--- WHAT IS REQUIRED ---
In the entries below, spot each line with the word "pick" and copy it.

--- Saved entries ---
____________

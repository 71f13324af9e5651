-- ===== src/DiamondTypes/Graph/Diff/Slow.antt =====
-- The start of the queue and the result of `diff_slow` in
-- tools/diamond-types/src/causalgraph/graph/tools.rs.
use egwalker_paper.Base.{
  ℕ, ◌+◌, ◌-◌, ◌≤◌, ◌<◌, ◌≡◌, refl, sym, subst, fun_ext, inl, inr, Bool, true, false, not, List, [],
  ◌∷◌, ltb, All, arith, Bool-cases,
}
use mathlib.Core.Bool.{false≢true}
use egwalker_paper.Base.Panic.{done}
use egwalker_paper.OtBench.Graph.{only_a, only_b, push_all}
use egwalker_paper.OtBench.Graph.Ancestors.{AncOf, Anc-le, All-contains}
use egwalker_paper.OtBench.Graph.Heap.{push_all-Below, push_all-IsHeap}
use egwalker_paper.OtBench.Graph.Absorb.{pick}
use egwalker_paper.OtBench.Graph.Diff.{push_start, push_start-num}
use egwalker_paper.DiamondTypes.Graph.{GraphEntryInternal}
use egwalker_paper.DiamondTypes.Graph.Expand.{expand}
use egwalker_paper.DiamondTypes.Graph.Runs.{IsDag, dag-IsCausal}
use egwalker_paper.DiamondTypes.Graph.Diff.{DiffResult, round_fuel, diff_slow_internal, diff_slow}
use egwalker_paper.DiamondTypes.Graph.Diff.Part.{IsPart, whole-IsDiff}
use egwalker_paper.DiamondTypes.Graph.Diff.Mark.{written_out, each_side}
use egwalker_paper.DiamondTypes.Graph.Diff.Rounds.{IsOutput, IsRound, rounds_lem}

pub round_fuel_pos : (vs : List ℕ) → 0 < round_fuel vs
unfolding round_fuel
round_fuel_pos [] = omega arith
round_fuel_pos (v ∷ vs) = omega arith

pub below_fuel : (n : ℕ) (vs : List ℕ) → round_fuel vs ≤ n → All (λ v. v + 1 < n) vs
unfolding round_fuel
below_fuel n [] h = tt
below_fuel n (v ∷ vs) h =
    (omega (arith, round_fuel_pos vs), below_fuel n vs (omega (arith, round_fuel_pos vs)))

pub All-less : (n : ℕ) (vs : List ℕ) → All (λ v. v + 1 < n) vs → All (λ v. v < n - 1) vs
All-less n [] h = tt
All-less n (v ∷ vs) h = (omega (arith, h.0), All-less n vs h.1)

-- A bound of the versions that is within the fuel and the graph.
start_bound :
    (hi : ℕ) (a b : List ℕ)
    → All (λ v. v < hi) a
    → All (λ v. v < hi) b
    → (m : ℕ) × (m < round_fuel a + round_fuel b)
      × (m ≤ hi)
      × All (λ v. v < m) a
      × All (λ v. v < m) b
start_bound hi a b ha hb =
    let n = round_fuel a + round_fuel b in
    elim (Bool-cases (ltb hi n)) [
      | inl t ↦ (hi, ground (arith, t), omega arith, ha, hb)
      | inr t ↦ (
        n - 1,
        omega (arith, round_fuel_pos a),
        ground (arith, t),
        All-less n a (below_fuel n a (omega arith)),
        All-less n b (below_fuel n b (omega arith)),
      )
    ]

module _ (es : List GraphEntryInternal) (hi : ℕ) (dag : IsDag es hi) (a b : List ℕ) where
  side_below :
      (m : ℕ)
      → All (λ v. v < m) a
      → All (λ v. v < m) b
      → (s : Bool) (x : ℕ) → AncOf (expand es) (pick s a b) x
      → x < m
  side_below m ha hb true x (p, c, d) =
      omega
        (arith, Anc-le (expand es) (dag-IsCausal es hi dag) d, All-contains (λ v. v < m) a p ha c)
  side_below m ha hb false x (p, c, d) =
      omega
        (arith, Anc-le (expand es) (dag-IsCausal es hi dag) d, All-contains (λ v. v < m) b p hb c)

  nothing : (s : Bool) → [] ≡ written_out ([], []) s
  nothing true = refl
  nothing false = refl

  pub empty-IsPart :
      (m : ℕ)
      → All (λ v. v < m) a
      → All (λ v. v < m) b
      → IsPart (expand es) (dag-IsCausal es hi dag) a b m (λ s. [])
  empty-IsPart m ha hb = record {
    past = λ s x l.
        (λ c. absurd (false≢true c), λ (y, n). absurd (omega (arith, side_below m ha hb s x y)));
    high = λ s. tt;
    sorted = λ s. tt;
  }

  start-IsRound :
      (m : ℕ)
      → All (λ v. v < m) a
      → All (λ v. v < m) b
      → IsRound es hi dag a b m (push_all b only_b (push_all a only_a [])) ([], [])
  start-IsRound m ha hb = record {
    below =
        push_all-Below m b only_b (push_all a only_a []) hb (push_all-Below m a only_a [] ha tt);
    heap = push_all-IsHeap b only_b (push_all a only_a []) (push_all-IsHeap a only_a [] tt);
    ranges = (tt, tt);
    part =
        subst (IsPart (expand es) (dag-IsCausal es hi dag) a b m) (fun_ext nothing)
          (empty-IsPart m ha hb);
    future = λ s x l.
        (let (to, from) = push_start (expand es) (dag-IsCausal es hi dag) a b s x in (from, to));
  }

  pub diff_slow_lem :
      All (λ v. v < hi) a
      → All (λ v. v < hi) b
      → (r : DiffResult) × (diff_slow es a b ≡ done r) × IsOutput es hi dag a b r
  unfolding diff_slow diff_slow_internal
  diff_slow_lem ha hb =
      let (m, f, l, ma, mb) = start_bound hi a b ha hb in
      let (r, e, out) =
        rounds_lem es hi dag a b (round_fuel a + round_fuel b) m
          (push_all b only_b (push_all a only_a [])) ([], []) f l (start-IsRound m ma mb) in
      (r, rw (push_start-num (expand es) (dag-IsCausal es hi dag) a b) at e, out)

  pub same-IsOutput :
      All (λ v. v < hi) a → All (λ v. v < hi) b → a ≡ b → IsOutput es hi dag a b ([], [])
  same-IsOutput ha hb e =
      let swap : (s : Bool) → pick s a b ≡ pick (not s) a b =
        each_side (λ s. pick s a b) (λ s. pick (not s) a b) e (sym e) in
      (
        (tt, tt),
        whole-IsDiff (expand es) (dag-IsCausal es hi dag) a b hi (λ s. []) (empty-IsPart hi ha hb)
            (λ s x l y. subst (λ vs. AncOf (expand es) vs x) (swap s) y),
      )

____________

--- THE COMPLETED TASK ---
use egwalker_paper.OtBench.Graph.Absorb.{pick}
      → (s : Bool) (x : ℕ) → AncOf (expand es) (pick s a b) x
      let swap : (s : Bool) → pick s a b ≡ pick (not s) a b =
        each_side (λ s. pick s a b) (λ s. pick (not s) a b) e (sym e) in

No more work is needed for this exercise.